4. The method of claim 1, wherein the performing the degradation process on the target high-definition video segment to obtain a target low-quality video segment corresponding to the target high-definition video segment comprises:

obtaining at least one degradation treatment mode;

combining the modes of the degradation treatment modes to obtain at least one combined degradation treatment mode;

performing degradation treatment on the target high-definition video according to the combined degradation treatment mode to obtain a target low-quality video segment corresponding to the target high-definition video segment;

5. The method of claim 1, wherein the performing the degradation process on the target high-definition video segment to obtain a target low-quality video segment corresponding to the target high-definition video segment comprises:

inputting the target high-definition video segment into a target degradation model obtained by training in advance to obtain a target reference degradation video segment;

And obtaining a target low-quality video segment corresponding to the target high-definition video segment based on a preset degradation processing mode according to the target reference degradation video segment.

6. The method of claim 5, wherein the target degradation model is trained by:

and inputting the reference high-definition video segment into a pre-built second network model to obtain model output, and performing model training according to the model output and the corresponding reference low-quality video segment until a preset second model training ending condition is met to obtain a target degradation model.

7. The method of any of claims 1-6, wherein the first network model comprises a multi-scale cyclic network; the multi-scale circulation network comprises a plurality of circulation branches, and the branch scales of the circulation branches are different; and at least one residual block for extracting the image information features is respectively arranged on each circulation branch.

8. The method according to any one of claims 1-6, wherein performing model training on the first network model according to the model output and the corresponding target high-definition video segment until a preset first model training end condition is met, to obtain a target image quality repair model, includes:

determining a first loss value and a second loss value according to the model output of the first network model and the corresponding target high-definition video segment;

determining whether the first network model meets a preset first model training ending condition according to the first loss value and the second loss value;

if yes, the first network model after model training is finished is taken as a target image quality restoration model.

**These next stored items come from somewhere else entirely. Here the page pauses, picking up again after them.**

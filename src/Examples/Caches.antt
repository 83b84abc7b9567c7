-- ===== src/Examples/Caches.antt =====
-- The pool caches and the stream cache at concrete inputs.
use solana_atomic_arbitrage.Base.{
  ℕ, ◌+◌, ◌≡◌, ◌⊎◌, refl, Bool, true, List, [], ◌∷◌, ◌++◌, some, none, replicate, ltb, arith,
  if◌then◌else◌, ◌==◌,
}
use solana_atomic_arbitrage.Base.Bytes.{to_be_bytes, to_le_bytes}
use solana_atomic_arbitrage.Base.Int.{negsuc}
use solana_atomic_arbitrage.Base.Options.{none_if, ◌>>=◌}
use solana_atomic_arbitrage.Client.Constants as Sent
use solana_atomic_arbitrage.Client.Pool.{key_at, from_be_bytes}
use solana_atomic_arbitrage.Client.Simulator.Raydium.{PoolStateData}
use solana_atomic_arbitrage.PoolCache.Cpmm.{
  CpmmCache, fetch_cpmm_by_address, read_pool, find_pool, mints_differ,
}
use solana_atomic_arbitrage.PoolCache.Cpmm.Served.{
  seen, IsSourced, RecentlyRead, fetch_cpmm_by_address-RecentlyRead,
}
use solana_atomic_arbitrage.PoolCache.Cpmm.Vaults.{OwnVaults, CrossedVaults, read_pool-vaults}
use solana_atomic_arbitrage.PoolCache.Dlmm.{
  array_indices, offsets_of_three, offsets_of_five, parse_bin_array_data,
}
use solana_atomic_arbitrage.PoolCache.Dlmm.Agreement.{oriented, bins_of-eq-oriented}
use solana_atomic_arbitrage.PoolCache.Dlmm.Window.{HoldsBin, array_indices-HoldsBin}
use solana_atomic_arbitrage.PoolCache.Grpc.Slots.{Update, account_update, block_meta}
use solana_atomic_arbitrage.PoolCache.Node.{Node, vault_balances}
use solana_atomic_arbitrage.Router.Pricing.Dlmm.{bins_of}
use solana_atomic_arbitrage.Router.Types.{Pubkey, Runtime, as_ref}

array_indices-HoldsBin_example :
    HoldsBin (array_indices offsets_of_three (negsuc 4141)) (negsuc 4141)
    × HoldsBin (array_indices offsets_of_five (negsuc 4141)) (negsuc 4141)
array_indices-HoldsBin_example = array_indices-HoldsBin (negsuc 4141) (omega arith)

abbrev bin_array : List ℕ
bin_array = replicate 56 0 ++ (to_le_bytes 8 40 ++ (to_le_bytes 8 90 ++ replicate 300 0))

bins_of-eq-oriented_example :
    bins_of true bin_array ≡ oriented true (parse_bin_array_data bin_array)
bins_of-eq-oriented_example = bins_of-eq-oriented true bin_array

-- Account 9 at slot 100, then a block, then account 8 at slot 102.
abbrev updates : List Update
updates =
    account_update 9 (1 ∷ []) [] 100
    ∷ block_meta (7 ∷ []) 101
    ∷ account_update 8 (2 ∷ []) [] 102
    ∷ []

-- The pool of every two mints is 6, and the vault of a mint is 1000 behind it.
abbrev cpmm_address : List (List ℕ) → Pubkey
cpmm_address (a ∷ b ∷ c ∷ []) = 1000 + key_at c 0
cpmm_address _ = 6

abbrev cpmm_runtime : Runtime
cpmm_runtime = record {
  find_program_address = λ seeds program. cpmm_address seeds;
  invoke = λ ix accounts. none;
}

-- Pool 6 holds mint 4 and mint 3 in this order.
abbrev cpmm_bytes : List ℕ
cpmm_bytes = replicate 168 0 ++ (as_ref 4 ++ as_ref 3)

abbrev cpmm_node : ℕ → Node
cpmm_node time = record {
  get_account = λ key.
      if key == 6 then some (record { owner = Sent.cpmm_program; bytes = cpmm_bytes }) else none;
  get_multiple_accounts = λ keys. none;
}

abbrev text_lt : Pubkey → Pubkey → Bool
text_lt a b = ltb a b

abbrev crossed_pool : PoolStateData
crossed_pool = record {
  pool_pubkey = 6;
  config_pubkey = Sent.cpmm_amm_config;
  token_0_mint = 4;
  token_1_mint = 3;
  token_0_vault = 1003;
  token_1_vault = 1004;
  token_0_vault_raw = 0;
  token_1_vault_raw = 0;
}

crossed_pool_read : read_pool cpmm_runtime (cpmm_node 0) 3 4 ≡ some crossed_pool
unfolding read_pool as_ref to_be_bytes from_be_bytes ◌>>=◌ find_pool none_if mints_differ
    vault_balances
crossed_pool_read = refl

read_pool-vaults_example :
    ((crossed_pool.token_0_mint ≡ 3)
      × (crossed_pool.token_1_mint ≡ 4)
      × OwnVaults cpmm_runtime crossed_pool)
    ⊎ ((crossed_pool.token_0_mint ≡ 4)
        × (crossed_pool.token_1_mint ≡ 3)
        × CrossedVaults cpmm_runtime crossed_pool)
read_pool-vaults_example =
    read_pool-vaults cpmm_runtime (cpmm_node 0) 3 4 crossed_pool crossed_pool_read

abbrev no_entries : CpmmCache
no_entries = λ key. none

no_entries-IsSourced : IsSourced text_lt cpmm_runtime cpmm_node 5 no_entries
no_entries-IsSourced pool e found = cc

-- The cache behind a first read of pool 6, which begins at instant 1, is answered at 2 and at 3, and
-- stamped at 6 and at 7.
abbrev warm_cache : CpmmCache
warm_cache =
    (fetch_cpmm_by_address text_lt cpmm_runtime (seen cpmm_node 2 3) 6 1 6 7 no_entries
      no_entries).0

warm_cache-IsSourced : IsSourced text_lt cpmm_runtime cpmm_node 5 warm_cache
warm_cache-IsSourced =
    (fetch_cpmm_by_address-RecentlyRead text_lt cpmm_runtime cpmm_node 5 6 1 2 3 6 7 no_entries
      no_entries no_entries-IsSourced no_entries-IsSourced (omega arith) (omega arith) (omega arith)
      (omega arith)).0

fetch_cpmm_by_address-RecentlyRead_example :
    IsSourced text_lt cpmm_runtime cpmm_node 5
      (fetch_cpmm_by_address text_lt cpmm_runtime
        (seen cpmm_node 9 10)
        6
        8
        12
        13
        warm_cache
        warm_cache).0
    × RecentlyRead text_lt cpmm_runtime cpmm_node 5 6 8
        (fetch_cpmm_by_address text_lt cpmm_runtime
          (seen cpmm_node 9 10)
          6
          8
          12
          13
          warm_cache
          warm_cache).1
fetch_cpmm_by_address-RecentlyRead_example =
    fetch_cpmm_by_address-RecentlyRead text_lt cpmm_runtime cpmm_node 5 6 8 9 10 12 13 warm_cache
      warm_cache warm_cache-IsSourced warm_cache-IsSourced (omega arith) (omega arith) (omega arith)
      (omega arith)
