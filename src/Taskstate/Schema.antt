-- ===== src/Taskstate/Schema.antt =====
-- storage/migration/runner.go, persistent_fetch_tasks: the constraints on fetch_tasks and
-- fetch_task_queue, and the statements that the operations run.
use narou_viewer.Prelude.{
  ℤ, pos, is_pos, int_eq, int_le, String, Bool, not, ◌&&◌, ◌||◌, Option, none, some, List, [], ◌∷◌,
  ◌++◌, ◌==◌, if◌then◌else◌, str_eq, any, Result, ok, err, ◌>>=◌, ◌>>◌, fail_if,
}
use narou_viewer.Taskstate.Model.{
  Row, Db, TaskRef, is_running, is_reserved, is_no_request, Constraint, primary_key, check_failed,
  one_running, reserved_dedupe, reserved_work, queue_unique, queue_foreign_key, Error, constraint,
}

-- The CHECK constraints of a row.
unfoldable pub check_row : Row → Bool
check_row r =
    int_le (pos 0) r.current_step
    && (int_le (pos 0) r.total_steps
        && (int_le (pos 0) r.saved_episode_count
            && ((int_eq r.total_steps (pos 0) || int_le r.current_step r.total_steps)
                && (is_running r.status || is_no_request r.requested_action))))

-- Both rows hold a reservation.
abbrev pub both_reserved : Row → Row → Bool
both_reserved r s = is_reserved r.status && is_reserved s.status

-- The unique index that two rows violate together.
unfoldable pub clash : Row → Row → Option Constraint
clash r s =
    if str_eq r.task_id s.task_id
    then some primary_key
    else if is_running r.status && is_running s.status
    then some one_running
    else if both_reserved r s && str_eq r.dedupe_key s.dedupe_key
    then some reserved_dedupe
    else if both_reserved r s
        && (is_pos r.primary_work_id && int_eq r.primary_work_id s.primary_work_id)
    then some reserved_work
    else none

abbrev pub or_else : Option Constraint → Option Constraint → Option Constraint
or_else (some c) o = some c
or_else none o = o

unfoldable pub first_clash : Row → List Row → Option Constraint
first_clash r [] = none
first_clash r (s ∷ rows) = or_else (clash r s) (first_clash r rows)

abbrev pub check_violation : Row → Option Constraint
check_violation r = if check_row r then none else some check_failed

-- The first constraint that a table violates.
unfoldable pub violation : List Row → Option Constraint
violation [] = none
violation (r ∷ rows) = or_else (check_violation r) (or_else (first_clash r rows) (violation rows))

-- A statement that would leave these rows.
unfoldable pub exec : List Row → Result Error (List Row)
exec rows = elim (violation rows) [ none ↦ ok rows | some c ↦ err (constraint c) ]

-- UPDATE fetch_tasks SET f WHERE p
unfoldable pub update_where : (Row → Bool) → (Row → Row) → List Row → List Row
update_where p f [] = []
update_where p f (r ∷ rows) = (if p r then f r else r) ∷ update_where p f rows

unfoldable pub update_tasks : (Row → Bool) → (Row → Row) → Db → Result Error Db
update_tasks p f db = do rows ← exec (update_where p f db.tasks); ok (record db { tasks = rows })

-- INSERT INTO fetch_tasks
unfoldable pub insert_task : Row → Db → Result Error Db
insert_task r db = do rows ← exec (db.tasks ++ r ∷ []); ok (record db { tasks = rows })

abbrev pub by_id : String → Row → Bool
by_id id r = str_eq r.task_id id

-- INSERT INTO fetch_task_queue
unfoldable pub insert_queue : String → Db → Result Error Db
insert_queue id db = do
  fail_if (any (str_eq id) db.queue) (constraint queue_unique)
  fail_if (not (any (by_id id) db.tasks)) (constraint queue_foreign_key)
  ok (record db { queue = db.queue ++ id ∷ [] })

unfoldable pub without : String → List String → List String
without id [] = []
without id (x ∷ xs) = if str_eq id x then without id xs else x ∷ without id xs

-- DELETE FROM fetch_task_queue WHERE task_id = ?
unfoldable pub delete_queue : String → Db → Db
delete_queue id db = record db { queue = without id db.queue }

-- WHERE task_id = ? AND status = 'running' AND attempt_count = ?
abbrev pub by_attempt : TaskRef → Row → Bool
by_attempt ref r =
    str_eq r.task_id ref.task_id && (is_running r.status && r.attempt_count == ref.attempt)

-- SELECT … WHERE dedupe_key = ? AND status IN (reserved)
abbrev pub reserves_key : String → Row → Bool
reserves_key key r = str_eq r.dedupe_key key && is_reserved r.status

-- SELECT … WHERE primary_work_id = ? AND status IN (reserved)
abbrev pub reserves_work : ℤ → Row → Bool
reserves_work work r = int_eq r.primary_work_id work && is_reserved r.status

-- AND task_id != ?
abbrev pub and_other : String → (Row → Bool) → Row → Bool
and_other id p r = not (str_eq r.task_id id) && p r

9. An image quality restoration model training device, characterized by comprising:

10. An electronic device, the electronic device comprising:

at least one processor; and

a memory communicatively coupled to the at least one processor; wherein,

the memory stores a computer program executable by the at least one processor to enable the at least one processor to perform the image quality restoration model training method of any one of claims 1-8.

11. A computer readable storage medium storing computer instructions for causing a processor to implement the image quality restoration model training method according to any one of claims 1-8 when executed.